- [Supplied records]:
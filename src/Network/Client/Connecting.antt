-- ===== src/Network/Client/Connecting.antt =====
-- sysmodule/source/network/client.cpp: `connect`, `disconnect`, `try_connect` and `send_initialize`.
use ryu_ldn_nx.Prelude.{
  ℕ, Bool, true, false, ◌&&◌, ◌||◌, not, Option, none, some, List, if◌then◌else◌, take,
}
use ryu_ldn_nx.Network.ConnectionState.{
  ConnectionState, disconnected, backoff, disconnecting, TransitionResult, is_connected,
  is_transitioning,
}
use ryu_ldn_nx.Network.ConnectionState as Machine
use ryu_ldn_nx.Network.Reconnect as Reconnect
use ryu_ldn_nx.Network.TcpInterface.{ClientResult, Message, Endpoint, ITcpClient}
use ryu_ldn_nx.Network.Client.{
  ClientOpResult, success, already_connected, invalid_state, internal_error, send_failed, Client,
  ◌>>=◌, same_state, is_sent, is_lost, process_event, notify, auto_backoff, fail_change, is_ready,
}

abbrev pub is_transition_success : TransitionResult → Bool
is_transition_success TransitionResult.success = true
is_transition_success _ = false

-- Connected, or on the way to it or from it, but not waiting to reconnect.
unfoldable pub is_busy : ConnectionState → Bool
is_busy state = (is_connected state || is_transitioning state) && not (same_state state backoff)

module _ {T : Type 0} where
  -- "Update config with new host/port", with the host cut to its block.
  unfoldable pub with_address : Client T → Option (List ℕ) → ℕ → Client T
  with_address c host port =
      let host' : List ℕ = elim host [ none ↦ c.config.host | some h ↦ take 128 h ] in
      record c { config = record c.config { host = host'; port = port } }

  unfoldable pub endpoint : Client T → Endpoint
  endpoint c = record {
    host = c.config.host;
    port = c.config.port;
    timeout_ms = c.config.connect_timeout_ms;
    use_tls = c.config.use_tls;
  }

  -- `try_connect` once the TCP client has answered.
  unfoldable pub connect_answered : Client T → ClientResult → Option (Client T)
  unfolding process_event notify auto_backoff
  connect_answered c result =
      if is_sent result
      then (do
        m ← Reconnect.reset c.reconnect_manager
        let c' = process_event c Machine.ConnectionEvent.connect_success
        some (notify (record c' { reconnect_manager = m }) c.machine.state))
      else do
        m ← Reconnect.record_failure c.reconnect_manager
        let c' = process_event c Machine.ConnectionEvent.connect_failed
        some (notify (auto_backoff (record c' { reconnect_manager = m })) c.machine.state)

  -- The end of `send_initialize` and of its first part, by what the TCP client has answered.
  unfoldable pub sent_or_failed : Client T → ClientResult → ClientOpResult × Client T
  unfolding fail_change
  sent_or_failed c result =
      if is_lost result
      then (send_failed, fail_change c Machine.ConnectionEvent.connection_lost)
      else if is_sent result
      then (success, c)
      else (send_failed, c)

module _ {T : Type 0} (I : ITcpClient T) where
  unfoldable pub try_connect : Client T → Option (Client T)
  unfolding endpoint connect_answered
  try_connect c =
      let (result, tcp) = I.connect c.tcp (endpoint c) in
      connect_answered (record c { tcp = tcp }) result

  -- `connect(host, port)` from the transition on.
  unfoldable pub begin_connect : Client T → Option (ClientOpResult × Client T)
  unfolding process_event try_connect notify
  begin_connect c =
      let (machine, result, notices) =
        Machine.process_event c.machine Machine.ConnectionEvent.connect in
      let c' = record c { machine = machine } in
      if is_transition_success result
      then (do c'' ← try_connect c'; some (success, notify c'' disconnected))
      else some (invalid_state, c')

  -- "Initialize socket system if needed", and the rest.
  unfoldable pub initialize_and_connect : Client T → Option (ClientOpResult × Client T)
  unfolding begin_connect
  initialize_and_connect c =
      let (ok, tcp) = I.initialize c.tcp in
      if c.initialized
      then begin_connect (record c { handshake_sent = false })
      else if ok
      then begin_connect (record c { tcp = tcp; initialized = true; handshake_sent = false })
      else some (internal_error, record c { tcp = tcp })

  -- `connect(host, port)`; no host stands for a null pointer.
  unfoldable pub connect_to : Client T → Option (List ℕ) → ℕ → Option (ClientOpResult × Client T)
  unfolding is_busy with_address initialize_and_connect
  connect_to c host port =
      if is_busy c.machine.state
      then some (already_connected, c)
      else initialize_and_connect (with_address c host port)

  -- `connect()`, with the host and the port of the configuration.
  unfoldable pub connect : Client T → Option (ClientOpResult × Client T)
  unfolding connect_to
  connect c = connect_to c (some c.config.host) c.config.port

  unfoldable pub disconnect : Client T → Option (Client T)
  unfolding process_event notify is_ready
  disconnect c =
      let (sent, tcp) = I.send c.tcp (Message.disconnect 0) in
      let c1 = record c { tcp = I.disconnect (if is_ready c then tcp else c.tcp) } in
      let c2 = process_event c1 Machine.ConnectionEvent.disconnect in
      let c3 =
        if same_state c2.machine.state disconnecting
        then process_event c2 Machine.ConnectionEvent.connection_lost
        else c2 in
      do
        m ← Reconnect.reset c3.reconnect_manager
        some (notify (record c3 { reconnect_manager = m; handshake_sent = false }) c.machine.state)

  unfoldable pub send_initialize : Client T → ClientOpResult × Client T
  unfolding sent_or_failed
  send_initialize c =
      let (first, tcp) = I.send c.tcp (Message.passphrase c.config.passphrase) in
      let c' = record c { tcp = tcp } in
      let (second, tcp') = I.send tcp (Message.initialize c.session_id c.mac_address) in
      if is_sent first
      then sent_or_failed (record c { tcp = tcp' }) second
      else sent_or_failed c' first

- [Problem to work on]:
From the records above, extract everything verbatim.

- [Response]:
filename src/Network/Client/Connecting.antt
-- ===== src/Network/Client/Connecting.antt =====
-- sysmodule/source/network/client.cpp: `connect`, `disconnect`, `try_connect` and `send_initialize`.
use ryu_ldn_nx.Prelude.{
  ℕ, Bool, true, false, ◌&&◌, ◌||◌, not, Option, none, some, List, if◌then◌else◌, take,
}
use ryu_ldn_nx.Network.ConnectionState.{
  ConnectionState, disconnected, backoff, disconnecting, TransitionResult, is_connected,
  is_transitioning,
}
use ryu_ldn_nx.Network.ConnectionState as Machine
use ryu_ldn_nx.Network.Reconnect as Reconnect
use ryu_ldn_nx.Network.TcpInterface.{ClientResult, Message, Endpoint, ITcpClient}
use ryu_ldn_nx.Network.Client.{
  ClientOpResult, success, already_connected, invalid_state, internal_error, send_failed, Client,
  ◌>>=◌, same_state, is_sent, is_lost, process_event, notify, auto_backoff, fail_change, is_ready,
}

abbrev pub is_transition_success : TransitionResult → Bool
is_transition_success TransitionResult.success = true
is_transition_success _ = false

-- Connected, or on the way to it or from it, but not waiting to reconnect.
unfoldable pub is_busy : ConnectionState → Bool
is_busy state = (is_connected state || is_transitioning state) && not (same_state state backoff)

module _ {T : Type 0} where
  -- "Update config with new host/port", with the host cut to its block.
  unfoldable pub with_address : Client T → Option (List ℕ) → ℕ → Client T
  with_address c host port =
      let host' : List ℕ = elim host [ none ↦ c.config.host | some h ↦ take 128 h ] in
      record c { config = record c.config { host = host'; port = port } }

  unfoldable pub endpoint : Client T → Endpoint
  endpoint c = record {
    host = c.config.host;
    port = c.config.port;
    timeout_ms = c.config.connect_timeout_ms;
    use_tls = c.config.use_tls;
  }

  -- `try_connect` once the TCP client has answered.
  unfoldable pub connect_answered : Client T → ClientResult → Option (Client T)
  unfolding process_event notify auto_backoff
  connect_answered c result =
      if is_sent result
      then (do
        m ← Reconnect.reset c.reconnect_manager
        let c' = process_event c Machine.ConnectionEvent.connect_success
        some (notify (record c' { reconnect_manager = m }) c.machine.state))
      else do
        m ← Reconnect.record_failure c.reconnect_manager
        let c' = process_event c Machine.ConnectionEvent.connect_failed
        some (notify (auto_backoff (record c' { reconnect_manager = m })) c.machine.state)

  -- The end of `send_initialize` and of its first part, by what the TCP client has answered.
  unfoldable pub sent_or_failed : Client T → ClientResult → ClientOpResult × Client T
  unfolding fail_change
  sent_or_failed c result =
      if is_lost result
      then (send_failed, fail_change c Machine.ConnectionEvent.connection_lost)
      else if is_sent result
      then (success, c)
      else (send_failed, c)

module _ {T : Type 0} (I : ITcpClient T) where
  unfoldable pub try_connect : Client T → Option (Client T)
  unfolding endpoint connect_answered
  try_connect c =
      let (result, tcp) = I.connect c.tcp (endpoint c) in
      connect_answered (record c { tcp = tcp }) result

  -- `connect(host, port)` from the transition on.
  unfoldable pub begin_connect : Client T → Option (ClientOpResult × Client T)
  unfolding process_event try_connect notify
  begin_connect c =
      let (machine, result, notices) =
        Machine.process_event c.machine Machine.ConnectionEvent.connect in
      let c' = record c { machine = machine } in
      if is_transition_success result
      then (do c'' ← try_connect c'; some (success, notify c'' disconnected))
      else some (invalid_state, c')

  -- "Initialize socket system if needed", and the rest.
  unfoldable pub initialize_and_connect : Client T → Option (ClientOpResult × Client T)
  unfolding begin_connect
  initialize_and_connect c =
      let (ok, tcp) = I.initialize c.tcp in
      if c.initialized
      then begin_connect (record c { handshake_sent = false })
      else if ok
      then begin_connect (record c { tcp = tcp; initialized = true; handshake_sent = false })
      else some (internal_error, record c { tcp = tcp })

  -- `connect(host, port)`; no host stands for a null pointer.
  unfoldable pub connect_to : Client T → Option (List ℕ) → ℕ → Option (ClientOpResult × Client T)
  unfolding is_busy with_address initialize_and_connect
  connect_to c host port =
      if is_busy c.machine.state
      then some (already_connected, c)
      else initialize_and_connect (with_address c host port)

  -- `connect()`, with the host and the port of the configuration.
  unfoldable pub connect : Client T → Option (ClientOpResult × Client T)
  unfolding connect_to
  connect c = connect_to c (some c.config.host) c.config.port

  unfoldable pub disconnect : Client T → Option (Client T)
  unfolding process_event notify is_ready
  disconnect c =
      let (sent, tcp) = I.send c.tcp (Message.disconnect 0) in
      let c1 = record c { tcp = I.disconnect (if is_ready c then tcp else c.tcp) } in
      let c2 = process_event c1 Machine.ConnectionEvent.disconnect in
      let c3 =
        if same_state c2.machine.state disconnecting
        then process_event c2 Machine.ConnectionEvent.connection_lost
        else c2 in
      do
        m ← Reconnect.reset c3.reconnect_manager
        some (notify (record c3 { reconnect_manager = m; handshake_sent = false }) c.machine.state)

  unfoldable pub send_initialize : Client T → ClientOpResult × Client T
  unfolding sent_or_failed
  send_initialize c =
      let (first, tcp) = I.send c.tcp (Message.passphrase c.config.passphrase) in
      let c' = record c { tcp = tcp } in
      let (second, tcp') = I.send tcp (Message.initialize c.session_id c.mac_address) in
      if is_sent first
      then sent_or_failed (record c { tcp = tcp' }) second
      else sent_or_failed c' first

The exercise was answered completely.